THE PROBLEM – If a line in the data contains "lines", copy it out.

Saved entries
================================

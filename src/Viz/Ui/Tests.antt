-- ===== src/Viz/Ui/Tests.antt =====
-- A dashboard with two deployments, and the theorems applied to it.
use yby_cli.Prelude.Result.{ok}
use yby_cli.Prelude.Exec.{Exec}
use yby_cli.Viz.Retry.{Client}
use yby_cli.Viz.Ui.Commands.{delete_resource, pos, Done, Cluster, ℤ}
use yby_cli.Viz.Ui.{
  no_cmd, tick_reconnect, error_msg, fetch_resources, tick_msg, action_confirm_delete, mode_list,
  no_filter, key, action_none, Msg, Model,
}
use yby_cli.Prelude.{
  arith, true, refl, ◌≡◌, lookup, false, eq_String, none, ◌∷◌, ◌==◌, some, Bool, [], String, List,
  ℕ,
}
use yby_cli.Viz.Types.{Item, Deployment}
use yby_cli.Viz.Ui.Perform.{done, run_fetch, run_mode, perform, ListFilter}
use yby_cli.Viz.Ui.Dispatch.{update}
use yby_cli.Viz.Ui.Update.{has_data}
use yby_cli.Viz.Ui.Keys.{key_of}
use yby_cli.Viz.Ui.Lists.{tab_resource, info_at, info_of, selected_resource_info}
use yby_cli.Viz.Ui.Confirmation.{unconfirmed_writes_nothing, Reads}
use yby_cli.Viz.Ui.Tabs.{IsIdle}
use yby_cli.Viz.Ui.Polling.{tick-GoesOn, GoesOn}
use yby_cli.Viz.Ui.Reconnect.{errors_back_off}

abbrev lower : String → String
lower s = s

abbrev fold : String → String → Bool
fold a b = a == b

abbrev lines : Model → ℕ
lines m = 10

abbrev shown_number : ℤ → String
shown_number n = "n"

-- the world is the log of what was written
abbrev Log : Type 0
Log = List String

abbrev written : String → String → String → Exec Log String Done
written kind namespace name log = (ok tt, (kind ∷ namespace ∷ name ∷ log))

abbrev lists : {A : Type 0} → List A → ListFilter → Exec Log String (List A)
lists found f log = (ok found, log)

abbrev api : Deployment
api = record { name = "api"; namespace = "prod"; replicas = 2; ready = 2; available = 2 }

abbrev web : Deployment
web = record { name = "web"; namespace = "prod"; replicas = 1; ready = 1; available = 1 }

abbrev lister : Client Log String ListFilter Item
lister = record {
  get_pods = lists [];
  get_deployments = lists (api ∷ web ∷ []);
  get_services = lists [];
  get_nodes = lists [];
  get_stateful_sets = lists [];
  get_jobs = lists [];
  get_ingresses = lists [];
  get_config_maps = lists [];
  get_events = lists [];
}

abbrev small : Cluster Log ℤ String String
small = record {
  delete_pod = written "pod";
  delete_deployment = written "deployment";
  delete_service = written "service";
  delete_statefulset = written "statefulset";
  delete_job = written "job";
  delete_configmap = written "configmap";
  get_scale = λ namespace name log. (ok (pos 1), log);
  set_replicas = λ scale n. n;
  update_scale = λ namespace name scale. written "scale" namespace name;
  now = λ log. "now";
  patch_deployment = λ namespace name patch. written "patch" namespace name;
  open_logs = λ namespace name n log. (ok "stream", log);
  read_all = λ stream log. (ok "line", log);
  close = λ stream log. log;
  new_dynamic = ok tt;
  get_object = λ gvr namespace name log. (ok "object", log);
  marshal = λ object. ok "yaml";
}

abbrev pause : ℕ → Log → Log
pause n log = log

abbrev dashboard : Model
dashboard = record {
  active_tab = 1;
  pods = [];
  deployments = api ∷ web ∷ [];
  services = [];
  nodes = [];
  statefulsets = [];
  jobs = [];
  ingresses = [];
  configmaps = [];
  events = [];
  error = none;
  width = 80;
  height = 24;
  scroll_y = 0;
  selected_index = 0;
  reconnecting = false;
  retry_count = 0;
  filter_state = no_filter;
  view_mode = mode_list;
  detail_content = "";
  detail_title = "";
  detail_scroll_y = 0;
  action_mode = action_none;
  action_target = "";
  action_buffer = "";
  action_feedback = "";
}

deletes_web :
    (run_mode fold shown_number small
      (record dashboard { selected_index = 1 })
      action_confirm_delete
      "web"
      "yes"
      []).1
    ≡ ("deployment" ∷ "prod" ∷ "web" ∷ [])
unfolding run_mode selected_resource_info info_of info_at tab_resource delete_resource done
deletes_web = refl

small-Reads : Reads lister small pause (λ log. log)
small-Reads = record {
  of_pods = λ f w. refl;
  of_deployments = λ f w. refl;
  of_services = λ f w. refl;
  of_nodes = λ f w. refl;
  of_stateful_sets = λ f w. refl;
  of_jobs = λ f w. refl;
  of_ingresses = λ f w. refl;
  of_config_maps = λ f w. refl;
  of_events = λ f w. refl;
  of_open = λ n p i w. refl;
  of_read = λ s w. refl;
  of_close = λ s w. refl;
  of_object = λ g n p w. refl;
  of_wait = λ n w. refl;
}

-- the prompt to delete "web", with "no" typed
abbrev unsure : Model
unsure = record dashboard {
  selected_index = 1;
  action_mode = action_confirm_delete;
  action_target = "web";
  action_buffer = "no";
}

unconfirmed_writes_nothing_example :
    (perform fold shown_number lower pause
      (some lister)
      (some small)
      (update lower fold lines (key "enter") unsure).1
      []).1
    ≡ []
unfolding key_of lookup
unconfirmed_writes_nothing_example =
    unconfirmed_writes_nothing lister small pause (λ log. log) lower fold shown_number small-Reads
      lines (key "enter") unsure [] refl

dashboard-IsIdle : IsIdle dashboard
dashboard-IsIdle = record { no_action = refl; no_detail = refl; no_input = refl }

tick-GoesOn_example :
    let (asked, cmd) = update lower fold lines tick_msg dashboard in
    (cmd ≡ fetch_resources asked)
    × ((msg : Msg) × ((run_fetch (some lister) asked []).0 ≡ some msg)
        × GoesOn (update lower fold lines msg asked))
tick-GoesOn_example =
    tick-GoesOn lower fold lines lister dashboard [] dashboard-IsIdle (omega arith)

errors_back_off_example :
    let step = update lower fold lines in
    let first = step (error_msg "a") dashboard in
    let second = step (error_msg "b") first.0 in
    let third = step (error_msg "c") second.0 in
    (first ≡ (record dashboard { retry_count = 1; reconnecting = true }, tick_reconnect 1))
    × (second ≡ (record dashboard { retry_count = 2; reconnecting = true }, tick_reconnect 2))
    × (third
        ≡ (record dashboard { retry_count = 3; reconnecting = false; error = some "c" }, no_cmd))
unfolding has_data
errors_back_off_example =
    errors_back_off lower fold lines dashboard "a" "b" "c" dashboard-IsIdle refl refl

================================

RESPONSE TO THE TASK –
abbrev lines : Model → ℕ
lines m = 10
      (update lower fold lines (key "enter") unsure).1
      lines (key "enter") unsure [] refl
    let (asked, cmd) = update lower fold lines tick_msg dashboard in
        × GoesOn (update lower fold lines msg asked))
    tick-GoesOn lower fold lines lister dashboard [] dashboard-IsIdle (omega arith)
    let step = update lower fold lines in
    errors_back_off lower fold lines dashboard "a" "b" "c" dashboard-IsIdle refl refl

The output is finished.